To be sure, AI Datacenters can be a boon to local communities and a lifeline to a labour market that has seen an exodus of good blue-collar jobs. But not everyone is happy about them. “I planned on staying here until I died,”
said 60 year old Richard Andre Newman of Fairfax County, Virginia in an interview with the Associated Press, “until this came up.” The “this” refers to Plaza 500, a colossal 466,000 square foot data centre a stone’s throw from a neighborhood in his community.
A recent Business Insider
article proclaimed that data center projects are “pitting neighbour against neighbour” and encroaching on communities, saying, “a third of the operating data centers in the state are sited within 200 feet of residential areas." And according to a report from Data Center Watch cited in a recent Bloomberg article, “What was once quiet infrastructure is now a national flashpoint.” The group “found that $64 billion in data center projects were blocked or delayed in 24 states over the last two years due to local opposition."
With all these forces at play, Can the U.S. keep pace with China, its chief rival?
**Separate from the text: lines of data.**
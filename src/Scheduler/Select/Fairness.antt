-- ===== src/Scheduler/Select/Fairness.antt =====
-- Weighted round-robin is fair: in a round of `total_weight` chunks every link carries as many chunks
-- as its weight says.
use chainlightning.Base.{
  ℕ, zero, suc, ◌+◌, ◌*◌, ◌%◌, ◌^◌, ◌≤◌, ◌<◌, ◌≡◌, refl, ap, ◌∙◌, inl, inr, List, [], ◌∷◌, Bool,
  true, false, arith, Bool-cases, ◌==◌, if◌then◌else◌, length, modify, add64, add32, le→ltb,
}
use chainlightning.Scheduler.State.{LinkState, LinkScheduler, record_sent, sum_weights, total_of}
use chainlightning.Scheduler.Select.{
  select_loop, first_weighted, link_at, or_else, or_zero, schedule,
}
use chainlightning.Scheduler.Select.Cycle.{
  sum_range, sum_range-add, sum_range_congr, sum_range_cycle,
}

abbrev pub hit : ℕ → ℕ → ℕ
hit i j = if j == i then 1 else 0

-- The weights added up, and those of the links with the id `i`.
unfoldable pub weight_sum : List LinkState → ℕ
weight_sum [] = 0
weight_sum (l ∷ ls) = l.weight + weight_sum ls

unfoldable pub share : ℕ → List LinkState → ℕ
share i [] = 0
share i (l ∷ ls) = l.weight * hit i l.id + share i ls

-- How many of the chosen links are `i`.
unfoldable pub count : ℕ → List ℕ → ℕ
count i [] = 0
count i (j ∷ js) = hit i j + count i js

pub sum_weights-eq : (ls : List LinkState) → weight_sum ls < 2 ^ 32 → sum_weights ls ≡ weight_sum ls
unfolding sum_weights weight_sum
sum_weights-eq [] h = refl
sum_weights-eq (l ∷ ls) h = omega (arith, sum_weights-eq ls (omega arith))

sum_range_const : (k start n : ℕ) → sum_range (λ _. k) start n ≡ n * k
unfolding sum_range
sum_range_const k start zero = omega arith
sum_range_const k start (suc n) = grind (arith, sum_range_const k (start + 1) n)

-- The positions of the first link, and those behind it.
at_first :
    (l : LinkState) (ls : List LinkState) (c p d : ℕ)
    → c + l.weight < 2 ^ 32
    → c ≤ p
    → p < c + l.weight
    → or_else (select_loop p c (l ∷ ls)) d ≡ l.id
unfolding select_loop
at_first l ls c p d h lo hi = ground arith

behind_first :
    (l : LinkState) (ls : List LinkState) (c p d : ℕ)
    → c + l.weight < 2 ^ 32
    → c + l.weight ≤ p
    → or_else (select_loop p c (l ∷ ls)) d ≡ or_else (select_loop p (c + l.weight) ls) d
unfolding select_loop
behind_first l ls c p d h lo =
    let sum : add32 c l.weight ≡ c + l.weight = omega arith in
    elim (Bool-cases (l.weight == 0)) [
      | inl e ↦
          let same : c ≡ c + l.weight = ground arith in
          rw e (ap (λ (t : ℕ). or_else (select_loop p t ls) d) same)
      | inr e ↦ rw (e, sum, le→ltb p (c + l.weight) lo)
    ]

share_of_positions :
    (i d : ℕ) (ls : List LinkState) (c : ℕ)
    → c + weight_sum ls < 2 ^ 32
    → sum_range (λ p. hit i (or_else (select_loop p c ls) d)) c (weight_sum ls) ≡ share i ls
unfolding weight_sum share
share_of_positions i d [] c h = unfold sum_range in refl
share_of_positions i d (l ∷ ls) c h =
    let f : ℕ → ℕ = λ p. hit i (or_else (select_loop p c (l ∷ ls)) d) in
    let g : ℕ → ℕ = λ p. hit i (or_else (select_loop p (c + l.weight) ls) d) in
    let here : sum_range f c l.weight ≡ l.weight * hit i l.id =
      sum_range_congr f (λ _. hit i l.id) c l.weight
        (λ p lo hi. ap (hit i) (at_first l ls c p d (omega arith) lo hi))
      ∙ sum_range_const (hit i l.id) c l.weight in
    let there : sum_range f (c + l.weight) (weight_sum ls)
        ≡ sum_range g (c + l.weight) (weight_sum ls) =
      sum_range_congr f g (c + l.weight) (weight_sum ls)
        (λ p lo hi. ap (hit i) (behind_first l ls c p d (omega arith) lo)) in
    omega (
      arith,
      sum_range-add f c l.weight (weight_sum ls),
      here,
      there,
      share_of_positions i d ls (c + l.weight) (omega arith),
    )

-- Recording sent bytes changes no choice.
select_loop-modify :
    (b p c k : ℕ) (ls : List LinkState)
    → select_loop p c (modify (record_sent b) ls k) ≡ select_loop p c ls
unfolding select_loop record_sent
select_loop-modify b p c k [] = refl
select_loop-modify b p c zero (l ∷ ls) = refl
select_loop-modify b p c (suc k) (l ∷ ls) =
    rw (select_loop-modify b p c k ls, select_loop-modify b p (add32 c l.weight) k ls)

first_weighted-modify :
    (b k : ℕ) (ls : List LinkState)
    → first_weighted (modify (record_sent b) ls k) ≡ first_weighted ls
unfolding first_weighted record_sent
first_weighted-modify b k [] = refl
first_weighted-modify b zero (l ∷ ls) = refl
first_weighted-modify b (suc k) (l ∷ ls) = rw (first_weighted-modify b k ls)

link_at-modify :
    (b p k : ℕ) (ls : List LinkState) → link_at (modify (record_sent b) ls k) p ≡ link_at ls p
unfolding link_at
link_at-modify b p k ls = rw (select_loop-modify b p 0 k ls, first_weighted-modify b k ls)

whole_round :
    (i : ℕ) (ls : List LinkState)
    → weight_sum ls < 2 ^ 32
    → sum_range (λ p. hit i (link_at ls p)) 0 (weight_sum ls) ≡ share i ls
unfolding link_at
whole_round i ls fits = share_of_positions i (or_zero (first_weighted ls)) ls 0 (omega arith)

module _ {F : Type 0} where
  -- The links that a sequence of chunks is sent on; each chunk comes with its size and its mode.
  unfoldable pub choices : LinkScheduler F → List (ℕ × Bool) → List ℕ
  unfolding schedule
  choices s [] = []
  choices s ((chunk_size, multi_link) ∷ rest) =
      let (decision, t) = schedule s chunk_size multi_link in decision.link_id ∷ choices t rest

  -- One call: the next position of the round, with the weights as they were.
  record Stepped (s t : LinkScheduler F) (id : ℕ) : Type 0 where
    chosen : id ≡ link_at s.links (add64 s.cursor 1 % s.total_weight)
    moved : t.cursor ≡ add64 s.cursor 1
    same_total : t.total_weight ≡ s.total_weight
    same_links : (p : ℕ) → link_at t.links p ≡ link_at s.links p

  schedule-Stepped :
      (s : LinkScheduler F) (chunk_size : ℕ) (multi_link : Bool)
      → let (decision, t) = schedule s chunk_size multi_link in Stepped s t decision.link_id
  unfolding schedule
  schedule-Stepped s chunk_size true = record {
    chosen = refl;
    moved = refl;
    same_total = refl;
    same_links = λ p. link_at-modify chunk_size p _ s.links;
  }
  schedule-Stepped s chunk_size false = record {
    chosen = refl;
    moved = refl;
    same_total = refl;
    same_links = λ p. link_at-modify chunk_size p _ s.links;
  }

  count-choices :
      (i w : ℕ) (f : ℕ → ℕ) (s : LinkScheduler F) (rs : List (ℕ × Bool))
      → ((p : ℕ) → link_at s.links p ≡ f p)
      → s.total_weight ≡ w
      → s.cursor + length rs < 2 ^ 64
      → count i (choices s rs) ≡ sum_range (λ p. hit i (f (p % w))) (s.cursor + 1) (length rs)
  unfolding choices count sum_range
  count-choices i w f s [] links total h = refl
  count-choices i w f s ((chunk_size, multi_link) ∷ rs) links total h =
      let (decision, t) = schedule s chunk_size multi_link in
      let st = schedule-Stepped s chunk_size multi_link in
      let next : add64 s.cursor 1 ≡ s.cursor + 1 = omega arith in
      let here : decision.link_id ≡ f ((s.cursor + 1) % w) =
        st.chosen ∙ rw (next, total) (links _) in
      let moved : t.cursor ≡ s.cursor + 1 = st.moved ∙ next in
      let rest =
        count-choices i w f t rs (λ p. st.same_links p ∙ links p) (st.same_total ∙ total)
          (omega arith) in
      omega (
        arith,
        ap (hit i) here,
        rest,
        ap (λ (q : ℕ). sum_range (λ p. hit i (f (p % w))) (q + 1) (length rs)) moved,
      )

  -- Over any `total_weight` consecutive chunks, of any sizes and modes and from any point of the
  -- round, each link is chosen exactly as often as its weight says, as long as the total is that of
  -- the weights, the weights fit 32 bits, one is positive, and the cursor does not wrap in the
  -- meantime.
  pub schedule_fair :
      (s : LinkScheduler F) (rs : List (ℕ × Bool)) (i : ℕ)
      → s.total_weight ≡ total_of s.links
      → 0 < weight_sum s.links
      → weight_sum s.links < 2 ^ 32
      → s.cursor + s.total_weight < 2 ^ 64
      → length rs ≡ s.total_weight
      → count i (choices s rs) ≡ share i s.links
  unfolding total_of
  schedule_fair s rs i total some_weight fits room round =
      let w = weight_sum s.links in
      let e : s.total_weight ≡ w = omega (arith, sum_weights-eq s.links fits) in
      let len : length rs ≡ w = round ∙ e in
      let f : ℕ → ℕ = link_at s.links in
      count-choices i w f s rs (λ p. refl) e (omega arith)
      ∙ rw len (sum_range_cycle (λ p. hit i (f p)) w (s.cursor + 1) some_weight)
      ∙ whole_round i s.links fits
China’s economic system has many flaws but one advantage of a command and control system is that infrastructure projects get built fast.
“Are we in a phase where investors as a whole are overexcited about AI? My opinion is yes,”
said OpenAI CEO Sam Altman, adding “Is AI the most important thing to happen in a very long time? My opinion is also yes.”
This duality captures our current moment. Despite AI’s immense potential, concerns about a bubble are growing. Already,
just seven companies in the U.S. account for 1/3 of all private sector capital spending - and that’s almost entirely datacenters.
What happens when they turn off the spigot? Construction spending boosts GDP and adds jobs, but once operational, datacenters require relatively few staff. Last week’s job report (Sept 5
th) shows a weak labor market, despite the AI boom.
Then there is the risk to the stock market, where concentration is near a record high. Nvidia now represents 8% of the S&P500. Tech stocks, as of July,
accounted for 34 percent of the S&P 500 and valuations for some leaders are nearing dot-com levels. As Derek Thompson wrote recently, “in the last two years,
about 60 percent of the stock market’s growth has come from AI-related companies, such as Microsoft, Nvidia, and Meta. Without the AI boom, stock market returns would be putrid.”
What happens when the AI mania ends but the infrastructure remains? Many investors may lose out, but as a society and economy we may be better for it.
After all,
not all bubbles are bad.
In the 19
th century, railroad speculation fueled a boom-and-bust cycle that helped connect a continent and underpin the age of American industrial ascendence. More than a century later, the Dot-Com mania fueled a multi-billion-dollar effort to lay high speed fiber-optic cable across oceans and continents. Neither would have been possible without a little irrational exuberance. As hedge fund billionaire Ray Dalio has said “there’s a major new technology that certainly will change the world and be successful,” but don’t confuse a successful technology with a successful investment.